-- The task --
Quote every line from the top of the listing down to and including the line that contains "let stop = price".

-- Entries provided --
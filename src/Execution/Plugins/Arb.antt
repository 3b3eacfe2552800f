-- ===== src/Execution/Plugins/Arb.antt =====
-- CrossExchangeArb and MomentumScalp: aimos/execution/plugins/cross_exchange_arb.py and
-- momentum_scalp.py.
use aimos.Prelude.{
  String, Bool, true, false, not, ◌&&◌, ◌||◌, Option, none, some, str_eq, if◌then◌else◌,
}
use aimos.Prelude.Floats.{Floats, ◌⊕◌, ◌⊖◌, ◌⊗◌, ◌⊘◌, ◌<?◌, ◌≤?◌, nat, negate}
use aimos.Schemas.{
  Action, long, short, bullish, bearish, neutral, cross_arb, scalp_at, TradePlan,
  MarketUnderstanding, ExecContext,
}
use aimos.Execution.Plugins.{estimate_costs_bps, proposal}

pub record ArbCfg (F : Type 0) : Type 0 where
  pub min_confidence : F
  pub min_coin_health : F
  pub extra_margin_bps : F
  pub stop_bps : F
  pub arb_confidence : F

pub record ScalpCfg (F : Type 0) : Type 0 where
  pub min_confidence : F
  pub max_spread_bps : F
  pub book_imbalance_min : F
  pub sl_atr_mult : F
  pub min_rr : F

-- The truth value of a venue's name, `bool(name)`.
abbrev pub is_named : String → Bool
is_named name = not (str_eq name "")

module _ {F : Type 0} ⦃fl : Floats F⦄ where
  unfoldable pub arb_plan :
      ArbCfg F
      → MarketUnderstanding F
      → ExecContext F
      → F
      → String
      → String
      → F
      → Option (TradePlan F)
  arb_plan cfg mu ctx price buy sell bps =
      let net_bps = (bps ⊖ estimate_costs_bps ctx) ⊖ cfg.extra_margin_bps in
      let tp = price ⊗ (nat 1 ⊕ (net_bps ⊘ nat 10000)) in
      let stop = price ⊗ (nat 1 ⊖ (cfg.stop_bps ⊘ nat 10000)) in
      if not (is_named buy) || not (is_named sell) || str_eq buy sell
      then none
      else if net_bps ≤? nat 0
      then none
      else if cfg.stop_bps ≤? nat 0
      then none
      else some (
          proposal "CrossExchangeArb" mu long price stop tp (net_bps ⊘ cfg.stop_bps) (nat 0)
            cfg.arb_confidence (cross_arb buy sell bps net_bps))

  unfoldable pub cross_exchange_arb :
      ArbCfg F → MarketUnderstanding F → ExecContext F → Option (TradePlan F)
  cross_exchange_arb cfg mu ctx = elim mu.key_levels.dislocation [
    | none ↦ none
    | some d ↦ elim mu.key_levels.price [
      | none ↦ none
      | some price ↦ elim d.bps [
        | none ↦ none
        | some bps ↦ elim d.buy_venue [
          | none ↦ none
          | some buy ↦ elim d.sell_venue [
            | none ↦ none
            | some sell ↦ if price ≤? nat 0 then none else arb_plan cfg mu ctx price buy sell bps
          ]
        ]
      ]
    ]
  ]

  unfoldable pub scalp_plan :
      ScalpCfg F
      → MarketUnderstanding F
      → ExecContext F
      → Action
      → F
      → F
      → Bool
      → Option (TradePlan F)
  scalp_plan cfg mu ctx action entry stop is_up =
      let risk = fl.abs (entry ⊖ stop) in
      let tp = if is_up then entry ⊕ (cfg.min_rr ⊗ risk) else entry ⊖ (cfg.min_rr ⊗ risk) in
      let costs = (ctx.fee_maker_bps ⊕ ctx.fee_taker_bps) ⊕ ctx.slippage_exit_bps in
      if risk ≤? nat 0
      then none
      else some (
          proposal "MomentumScalp" mu action entry stop tp cfg.min_rr costs mu.confidence
            (scalp_at action entry))

  -- With every value of the micro-context there.
  unfoldable pub scalp_of :
      ScalpCfg F
      → MarketUnderstanding F
      → ExecContext F
      → F
      → F
      → F
      → Bool
      → F
      → F
      → Option (TradePlan F)
  scalp_of cfg mu ctx spread_bps atr1m imbalance vol_spike best_bid best_ask =
      let away = cfg.sl_atr_mult ⊗ atr1m in
      if (atr1m ≤? nat 0) || (cfg.max_spread_bps <? spread_bps)
      then none
      else elim mu.direction_bias [
        | bullish ↦
            if vol_spike && (cfg.book_imbalance_min <? imbalance)
            then scalp_plan cfg mu ctx long best_bid (best_bid ⊖ away) true
            else none
        | bearish ↦
            if vol_spike && (imbalance <? negate cfg.book_imbalance_min)
            then scalp_plan cfg mu ctx short best_ask (best_ask ⊕ away) false
            else none
        | neutral ↦ none
      ]

  unfoldable pub momentum_scalp :
      ScalpCfg F → MarketUnderstanding F → ExecContext F → Option (TradePlan F)
  momentum_scalp cfg mu ctx = elim mu.key_levels.scalp [
    | none ↦ none
    | some s ↦ elim s.spread_bps [
      | none ↦ none
      | some spread_bps ↦ elim s.atr1m [
        | none ↦ none
        | some atr1m ↦ elim s.book_imbalance [
          | none ↦ none
          | some imbalance ↦ elim s.best_bid [
            | none ↦ none
            | some best_bid ↦ elim s.best_ask [
              | none ↦ none
              | some best_ask ↦
                  scalp_of cfg mu ctx spread_bps atr1m imbalance s.volume_spike best_bid best_ask
            ]
          ]
        ]
      ]
    ]
  ]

-- Answer section --
filename src/Execution/Plugins/Arb.antt
repository 3b3eacfe2552800f
-- ===== src/Execution/Plugins/Arb.antt =====
-- CrossExchangeArb and MomentumScalp: aimos/execution/plugins/cross_exchange_arb.py and
-- momentum_scalp.py.
use aimos.Prelude.{
  String, Bool, true, false, not, ◌&&◌, ◌||◌, Option, none, some, str_eq, if◌then◌else◌,
}
use aimos.Prelude.Floats.{Floats, ◌⊕◌, ◌⊖◌, ◌⊗◌, ◌⊘◌, ◌<?◌, ◌≤?◌, nat, negate}
use aimos.Schemas.{
  Action, long, short, bullish, bearish, neutral, cross_arb, scalp_at, TradePlan,
  MarketUnderstanding, ExecContext,
}
use aimos.Execution.Plugins.{estimate_costs_bps, proposal}

pub record ArbCfg (F : Type 0) : Type 0 where
  pub min_confidence : F
  pub min_coin_health : F
  pub extra_margin_bps : F
  pub stop_bps : F
  pub arb_confidence : F

pub record ScalpCfg (F : Type 0) : Type 0 where
  pub min_confidence : F
  pub max_spread_bps : F
  pub book_imbalance_min : F
  pub sl_atr_mult : F
  pub min_rr : F

-- The truth value of a venue's name, `bool(name)`.
abbrev pub is_named : String → Bool
is_named name = not (str_eq name "")

module _ {F : Type 0} ⦃fl : Floats F⦄ where
  unfoldable pub arb_plan :
      ArbCfg F
      → MarketUnderstanding F
      → ExecContext F
      → F
      → String
      → String
      → F
      → Option (TradePlan F)
  arb_plan cfg mu ctx price buy sell bps =
      let net_bps = (bps ⊖ estimate_costs_bps ctx) ⊖ cfg.extra_margin_bps in
      let tp = price ⊗ (nat 1 ⊕ (net_bps ⊘ nat 10000)) in
      let stop = price ⊗ (nat 1 ⊖ (cfg.stop_bps ⊘ nat 10000)) in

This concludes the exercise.